## Task details
All lines from the entries below that contain the string "ToolSnapshot" should be copied out.

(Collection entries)
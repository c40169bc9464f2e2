-- ===== src/Mcp/Tool/Dispatch.antt =====
-- mcp_admission.py and mcp_tool_executor.py: what the adapter admits, the executor dispatches.
use responsibility_pathway_r.Prelude.{
  String, Bool, true, not, ◌≡◌, refl, sym, ap, ◌∙◌, subst, is_blank, strip,
}
use responsibility_pathway_r.Prelude.Trim.{is_trimmed}
use responsibility_pathway_r.Errors.{ok, ensure, bind-ok, ok-injective}
use responsibility_pathway_r.Value.{Value, Fields, dict}
use responsibility_pathway_r.Execution.{ExecutionRequest}
use responsibility_pathway_r.Env.{Env}
use responsibility_pathway_r.Mcp.Json.{mcp_admission_error, strict_document, strict_snapshot}
use responsibility_pathway_r.Mcp.Admission.{
  ToolSnapshot, mapping_of, tool_snapshot, admitted_request, admit,
}
use responsibility_pathway_r.Mcp.Admission.Bound.{admit-Bound, admit-object}
use responsibility_pathway_r.Mcp.Snapshot.{stable_protocol_version}
use responsibility_pathway_r.Mcp.Tool.{is_sha256_hex, validated_dispatch_parameters}

-- A snapshot as the dispatch wants it.
pub record IsDispatchable (s : ToolSnapshot) : Type 0 where
  pub stable : s.protocol_version ≡ stable_protocol_version
  pub server_trimmed : is_trimmed s.server_identity ≡ true
  pub tool_trimmed : is_trimmed s.tool_name ≡ true
  pub capabilities_hex : is_sha256_hex s.server_capabilities_hash ≡ true
  pub schema_hex : is_sha256_hex s.tool_schema_hash ≡ true

module _ (env : Env) where
  snapshot-hash :
      (v w : Value) (h : String)
      → strict_snapshot env v ≡ ok (w, h)
      → (bytes : String) × (h ≡ env.sha256 bytes)
  unfolding strict_snapshot
  snapshot-hash v w h e =
      let ((d, bytes), _, e1) = bind-ok (strict_document env v) _ e in
      (bytes, sym (ap (λ (r : Value × String). r.1) (ok-injective (d, env.sha256 bytes) (w, h) e1)))

  pub snapshot-IsDispatchable :
      (server_identity tool_name : String) (capabilities schema : Value) (s : ToolSnapshot)
      → tool_snapshot env stable_protocol_version server_identity capabilities tool_name schema
        ≡ ok s
      → is_trimmed server_identity ≡ true
      → is_trimmed tool_name ≡ true
      → ((bytes : String) → is_sha256_hex (env.sha256 bytes) ≡ true)
      → IsDispatchable s × (s.tool_name ≡ tool_name)
  unfolding tool_snapshot
  snapshot-IsDispatchable server tool caps schema s h server_ok tool_ok hex =
      let (_, _, h1) =
        bind-ok (ensure (not (is_blank stable_protocol_version)) mcp_admission_error) _ h in
      let (_, _, h2) = bind-ok (ensure (not (is_blank server)) mcp_admission_error) _ h1 in
      let (_, _, h3) = bind-ok (ensure (not (is_blank tool)) mcp_admission_error) _ h2 in
      let (_, _, h4) = bind-ok (mapping_of caps) _ h3 in
      let (_, _, h5) = bind-ok (mapping_of schema) _ h4 in
      let ((c, ch), cs, h6) = bind-ok (strict_snapshot env caps) _ h5 in
      let ((d, dh), ds, h7) = bind-ok (strict_snapshot env schema) _ h6 in
      let (cb, ce) = snapshot-hash caps c ch cs in
      let (db, de) = snapshot-hash schema d dh ds in
      subst (λ t. IsDispatchable t × (t.tool_name ≡ tool)) (ok-injective _ s h7)
        (
          record {
            stable = refl;
            server_trimmed = server_ok;
            tool_trimmed = tool_ok;
            capabilities_hex = rw ce (hex cb);
            schema_hex = rw de (hex db);
          },
          refl,
        )

  admitted-valid :
      (s : ToolSnapshot) (operation_id attempt_id idempotency_key : String) (fs : Fields)
      (bytes : String)
      → IsDispatchable s
      → strict_document env (dict fs) ≡ ok (dict fs, bytes)
      → validated_dispatch_parameters env
          (admitted_request s operation_id attempt_id idempotency_key (dict fs))
        ≡ ok (s.tool_name, fs)
  unfolding validated_dispatch_parameters admitted_request mapping_of is_blank strip
  admitted-valid s op attempt key fs bytes d document =
      rw (d.server_trimmed, d.tool_trimmed, d.capabilities_hex, d.schema_hex, document, d.stable)
        refl

  -- What is admitted can be dispatched: if the snapshot of a stable server is made of trimmed names, the
  -- hashes are 64 lowercase hexadecimal digits, and the adapter admits a call with it, then the
  -- executor finds the request valid, and dispatches the tool of the snapshot with the arguments as
  -- they were given.
  pub admit-dispatch :
      (contract : Fields) (experimental : Bool) (server_identity tool_name : String)
      (capabilities schema : Value) (s : ToolSnapshot)
      (operation_id attempt_id idempotency_key : String) (arguments : Value) (q : ExecutionRequest)
      → tool_snapshot env stable_protocol_version server_identity capabilities tool_name schema
        ≡ ok s
      → is_trimmed server_identity ≡ true
      → is_trimmed tool_name ≡ true
      → ((bytes : String) → is_sha256_hex (env.sha256 bytes) ≡ true)
      → admit env contract experimental s operation_id attempt_id idempotency_key arguments ≡ ok q
      → (fs : Fields) × (arguments ≡ dict fs)
        × (validated_dispatch_parameters env q ≡ ok (tool_name, fs))
  admit-dispatch contract experimental server tool caps schema s op attempt key arguments q made
        server_ok tool_ok hex h =
      let (dispatchable, same_tool) =
        snapshot-IsDispatchable server tool caps schema s made server_ok tool_ok hex in
      let (fs, object, bytes, document) =
        admit-object env contract experimental s op attempt key arguments q h in
      let (_, _, same_request) =
        admit-Bound env contract experimental s op attempt key arguments q h in
      let valid =
        admitted-valid s op attempt key fs bytes dispatchable
          (subst (λ v. strict_document env v ≡ ok (v, bytes)) object document) in
      (
        fs,
        object,
        ap (validated_dispatch_parameters env)
              (same_request ∙ ap (admitted_request s op attempt key) object)
            ∙ valid
            ∙ ap (λ name. ok (name, fs)) same_tool,
      )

## Solution to this problem
  ToolSnapshot, mapping_of, tool_snapshot, admitted_request, admit,
pub record IsDispatchable (s : ToolSnapshot) : Type 0 where
      (server_identity tool_name : String) (capabilities schema : Value) (s : ToolSnapshot)
      (s : ToolSnapshot) (operation_id attempt_id idempotency_key : String) (fs : Fields)
      (capabilities schema : Value) (s : ToolSnapshot)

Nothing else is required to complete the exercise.